Although Windows Sockets is a new technology, much evolution has already taken place in the TCP/IP community. Microsoft's new 32-bit operating system, Windows NT, will offer Windows Sockets support for both 16- and 32-bit Windows applications. Microsoft is encouraging third-parties and corporate developers to use Windows Sockets as the client-server and distributed application API by including the Windows Sockets API as part of WOSA, the Windows Open Services Architecture.
Several PC-based TCP/IP implementations are offering Windows Sockets support, and over two dozen application vendors are shipping Windows Sockets-compatible applications. Moreover, many corporations are standardizing on Windows Sockets as the API of choice for client-server networking application development.
The Windows Sockets waters may remain calm for a short while, probably only long enough to allow application vendors and TCP/IP implementors to produce 1.1-compatible offerings. There are already some ideas of what features future revisions of the specification may incorporate: transparent transport independence, access to raw sockets for lower-level network functions, and the ability to share a connected socket between different applications to name a few.

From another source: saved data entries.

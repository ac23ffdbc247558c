-- ===== src/KvStore/Repaired.antt =====
-- A snapshot that is saved repairs a store whose log ends in a torn record.
use agent_kv.Prelude.{
  ℕ, ◌≤◌, Bytes, codes, ◌++◌, length, some, Bool, true, ◌≡◌, ◌≢◌, inl, inr, refl, sym, ap, subst,
  ◌∙◌, List,
}
use agent_kv.Exec.{Result, ok, err, pure, continue}
use agent_kv.Map.{Map, IsMap}
use agent_kv.Disk.{Disk, Fate, OutStream, Channel, contents, or_empty, max_offset}
use agent_kv.Disk.Writes.{Holds}
use agent_kv.Snapshot
use agent_kv.Snapshot.{temp_path, LoadResult}
use agent_kv.Snapshot.Image.{IsStorable, IsStorable-IsEncodable}
use agent_kv.Snapshot.Save.{Saved, save-Saved, Counted, save-Counted}
use agent_kv.Wal.{open_log}
use agent_kv.Wal.Offset.{Measured, current_offset-Measured}
use agent_kv.Wal.Open.{Opened, open_log-Opened}
use agent_kv.Wal.Recovery.{frames}
use agent_kv.KvStore.{
  World, KvStore, on_wal, on_disk, update_store, write_snapshot, checkpoint, save_snapshot, start,
  started, fresh_store,
}
use agent_kv.KvStore.Content.{apply_op-IsStorable, apply_op-IsMap}
use agent_kv.KvStore.Durable.{IsDurable, Backed-same}
use agent_kv.KvStore.Logging.{after}
use agent_kv.KvStore.Locate.{Clean, wal_offset-some, kept, entries-IsStorable, entries-IsMap}
use agent_kv.KvStore.Checkpoint.{covered}
use agent_kv.KvStore.Parted.{save_snapshot-some}
use agent_kv.KvStore.Recovery.{IsRecovered, recover-IsDurable, stream_is_good}

module _ (wal_path snapshot_path : Bytes) where
  -- A call that keeps the map and, if it returns, leaves a durable store.
  abbrev pub Repaired : {A : Type 0} → Map → Result A × World → Type 0
  Repaired m (ok _, s) = (s.store.entries ≡ m) × IsDurable wal_path snapshot_path s
  Repaired m (err _, s) = s.store.entries ≡ m

module _ {wal_path snapshot_path : Bytes} (apart : wal_path ≢ snapshot_path)
    (apart' : wal_path ≢ temp_path snapshot_path) where
  write_out :
      {n : ℕ} (s : World) (r : Result (Unit {0}) × Disk)
      → IsStorable s.store.entries
      → IsMap s.store.entries
      → Clean wal_path snapshot_path n s
      → Saved snapshot_path s.store.entries n s.disk r
      → Counted s.store.entries r
      → Repaired wal_path snapshot_path s.store.entries (
          continue r.0
            (λ _. update_store (λ k. record k { writes_since_snapshot = 0 }))
            (record s { disk = r.1 }))
  write_out s (ok u, d) storable map c saved few =
      (refl, Backed-same (covered apart apart' s d storable map c saved few) _ refl refl refl)
  write_out s (err e, d) storable map c _ _ = refl

  measured :
      (s : World) (file : Bytes) (r : Result ℕ × Channel)
      → s.store.snapshot ≡ some snapshot_path
      → IsStorable s.store.entries
      → IsMap s.store.entries
      → Measured wal_path file s.disk.files r
      → Repaired wal_path snapshot_path s.store.entries
          (continue r.0 (write_snapshot snapshot_path) (after s r.1))
  unfolding write_snapshot on_disk
  measured s file (err e, c) path storable map _ = refl
  measured s file (ok n, c) path storable map (size, up, h) =
      write_out (after s c) (Snapshot.save snapshot_path s.store.entries n c.disk) storable map
        (record {
          log = c.output;
          file = file;
          wal = refl;
          snapshot = path;
          target = h.target;
          good = up;
          holds = h.file;
          bound = h.bound;
          size = size;
        })
        (save-Saved snapshot_path s.store.entries n c.disk
          (IsStorable-IsEncodable s.store.entries storable))
        (save-Counted snapshot_path s.store.entries n c.disk)

  replied :
      (m : Map) (r : Result (Unit {0}) × World)
      → Repaired wal_path snapshot_path m r
      → Repaired wal_path snapshot_path m (continue r.0 (λ _. pure true) r.1)
  replied m (ok u, s) h = h
  replied m (err e, s) h = h

  -- A `SaveSnapshot` over a log of any content.
  pub save_snapshot-Repaired :
      {n : ℕ} (s : World)
      → IsStorable s.store.entries
      → IsMap s.store.entries
      → Clean wal_path snapshot_path n s
      → Repaired wal_path snapshot_path s.store.entries (save_snapshot s)
  unfolding checkpoint on_wal
  save_snapshot-Repaired s storable map c =
      let h : Holds wal_path c.file s.disk.files (record { output = c.log; disk = s.disk }) =
        record { target = c.target; file = c.holds; rest = λ q _. refl; bound = c.bound } in
      subst (λ (r : Result Bool × World). Repaired wal_path snapshot_path s.store.entries r)
        (sym (save_snapshot-some s c.snapshot))
        (replied s.store.entries (checkpoint snapshot_path s) (
          subst
            (λ (o : Result ℕ × World).
              Repaired wal_path snapshot_path s.store.entries
                (continue o.0 (write_snapshot snapshot_path) o.1))
            (sym (wal_offset-some s c.wal))
            (measured s c.file _ c.snapshot storable map
              (current_offset-Measured wal_path c.file s.disk.files _ c.good h))))

  -- The outcome of a start behind a store: the map of that store, or with the operation whose record
  -- ends the log behind a failed append; and a snapshot saved then makes it durable.
  abbrev pub Restarted : World → Result (LoadResult × ℕ) × World → Type 0
  Restarted s (ok _, s') =
      IsRecovered wal_path s s'.store.entries
      × Repaired wal_path snapshot_path s'.store.entries (save_snapshot s')
  Restarted s (err e, _) = e ≡ codes "failed to open WAL file: " ++ wal_path

  recovered-IsStorable :
      (s : World) (m : Map)
      → IsDurable wal_path snapshot_path s
      → IsRecovered wal_path s m
      → IsStorable m × IsMap m
  recovered-IsStorable s m b (inl e) =
      (subst IsStorable (sym e) (entries-IsStorable b), subst IsMap (sym e) (entries-IsMap b))
  recovered-IsStorable s m b (inr (op, _, w, _, e)) = (
    subst IsStorable (sym e) (apply_op-IsStorable op s.store.entries w (entries-IsStorable b)),
    subst IsMap (sym e) (apply_op-IsMap op s.store.entries (entries-IsMap b)),
  )

  module _ (s : World) (b : IsDurable wal_path snapshot_path s) where
    opened :
        (fates : List Fate) (r : Result OutStream × Disk)
        → Opened wal_path (record s.disk { fates = fates }) r
        → Restarted s (started wal_path snapshot_path r)
    unfolding started
    opened fates (err message, d) (e, _) = e
    opened fates (ok log, d) (up, h) =
        let old : Channel = record { output = b.log; disk = d } in
        let k : KvStore = fresh_store log snapshot_path in
        let whole : contents s.disk wal_path ≡ b.before ++ (frames b.ops ++ b.tail) =
          ap or_empty b.file in
        let b' = kept apart b old b.ending (record {
          target = b.target;
          file = h.file ∙ ap some whole;
          rest = h.rest;
          bound = b.bound;
        }) in
        let (r, m, eq, cases) = recover-IsDurable wal_path snapshot_path (after s old) k b' refl in
        let same : IsRecovered wal_path s m = elim cases [
          | inl e ↦ inl e
          | inr (op, down, w, (front, whole'), e) ↦ inr (
            op,
            ap stream_is_good b.wal ∙ down,
            w,
            (front, b.file ∙ sym (ap some whole) ∙ sym h.file ∙ whole'),
            e,
          )
        ] in
        let (storable, map) = recovered-IsStorable s m b same in
        subst (Restarted s) (sym eq) (
          same,
          save_snapshot-Repaired (record { store = record k { entries = m }; disk = d }) storable
              map
              (record {
                log = log;
                file = contents s.disk wal_path;
                wal = refl;
                snapshot = refl;
                target = h.target;
                good = up;
                holds = h.file;
                bound = h.bound;
                size = refl;
              }),
        )

    -- Behind a durable store, its log torn or not, with the log at another path than the snapshot
    -- and its temporary file, and with any failures to come: a start returns, or cannot open the log.
    -- The map that it recovers is that of the store; or, only if the log's stream had failed and the
    -- log's file ends with the whole record of an operation, that map with this operation done to it.
    -- A `SaveSnapshot` that returns then makes the store durable with this map, whatever the end of
    -- the log is.
    pub start-Restarted :
        (fates : List Fate)
        → Restarted s (start wal_path snapshot_path (record s.disk { fates = fates }))
    unfolding start
    start-Restarted fates =
        let d : Disk = record s.disk { fates = fates } in
        opened fates (open_log wal_path d) (
          open_log-Opened wal_path d
            (subst (λ f. length f ≤ max_offset) (sym (ap or_empty b.file)) b.bound))
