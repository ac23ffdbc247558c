-- ===== src/KvStore/Starting.antt =====
-- Disks that a start finds in order, and a start that throws.
use agent_kv.Prelude.{
  ℕ, ◌≤◌, Bytes, [], length, Option, none, ◌≡◌, ◌≢◌, inl, refl, sym, ap, subst, ◌∙◌, arith,
}
use agent_kv.Exec.{Result, ok, err}
use agent_kv.Map.{Map}
use agent_kv.Disk.{Disk, OutStream, or_empty, max_offset}
use agent_kv.Snapshot.{LoadResult}
use agent_kv.Wal.{open_log}
use agent_kv.Wal.Open.{Opened, open_log-Opened}
use agent_kv.KvStore.{World, start, started}
use agent_kv.KvStore.Durable.{IsCheckpoint}
use agent_kv.KvStore.Sessions.{IsSound, recover-opened}

pub IsSound-same :
    {wal_path snapshot_path : Bytes} {entries : Map} {d : Disk} (d' : Disk)
    → d'.files ≡ d.files
    → IsSound wal_path snapshot_path entries d
    → IsSound wal_path snapshot_path entries d'
IsSound-same {wal_path} {snapshot_path} d' same i = record {
  base = i.base;
  before = i.before;
  ops = i.ops;
  file = ap (λ (f : Bytes → Option Bytes). or_empty (f wal_path)) same ∙ i.file;
  bound = i.bound;
  checkpoint =
      subst (λ (f : Bytes → Option Bytes). IsCheckpoint (f snapshot_path) (length i.before) i.base)
        (sym same) i.checkpoint;
  writable = i.writable;
  rebuilt = i.rebuilt;
}

-- A disk with no log and no snapshot holds the empty map.
pub IsSound-new :
    (wal_path snapshot_path : Bytes) (d : Disk)
    → d.files wal_path ≡ none
    → d.files snapshot_path ≡ none
    → IsSound wal_path snapshot_path [] d
IsSound-new wal_path snapshot_path d log snap = record {
  base = [];
  before = [];
  ops = [];
  file = ap or_empty log;
  bound = omega arith;
  checkpoint = inl (snap, refl, refl);
  writable = tt;
  rebuilt = refl;
}

module _ {wal_path snapshot_path : Bytes} (apart : wal_path ≢ snapshot_path) where
  -- A start that throws changes no file.
  abbrev pub Untouched : Disk → Result (LoadResult × ℕ) × World → Type 0
  Untouched d (ok _, s) = Unit
  Untouched d (err _, s) = s.disk.files ≡ d.files

  started-Untouched :
      {entries : Map} (d : Disk) (r : Result OutStream × Disk)
      → IsSound wal_path snapshot_path entries d
      → Opened wal_path d r
      → Untouched d (started wal_path snapshot_path r)
  unfolding started
  started-Untouched d (err message, d') i (_, files) = files
  started-Untouched d (ok log, d') i (good, h) =
      let (r, eq) = recover-opened apart i (record { output = log; disk = d' }) good h in
      subst (Untouched d) (sym eq) tt

  pub start-Untouched :
      {entries : Map} (d : Disk)
      → IsSound wal_path snapshot_path entries d
      → Untouched d (start wal_path snapshot_path d)
  unfolding start
  start-Untouched d i =
      started-Untouched d (open_log wal_path d) i
        (open_log-Opened wal_path d (subst (λ b. length b ≤ max_offset) (sym i.file) i.bound))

The success of the Windows Sockets 1.1 effort has spawned significant interest in the next version, called Windows Sockets 2.0. This new standard will remain backward-compatible with Windows Sockets 1.1 while solving several of the key problems application and service writers face today in using Windows Sockets 1.1: transport independence, Win32 integration, and service registration and name resolution.
If Windows Sockets is a sign of things to come in Windows networking, application development under Microsoft Windows will continue to become easier, more flexible, and more powerful.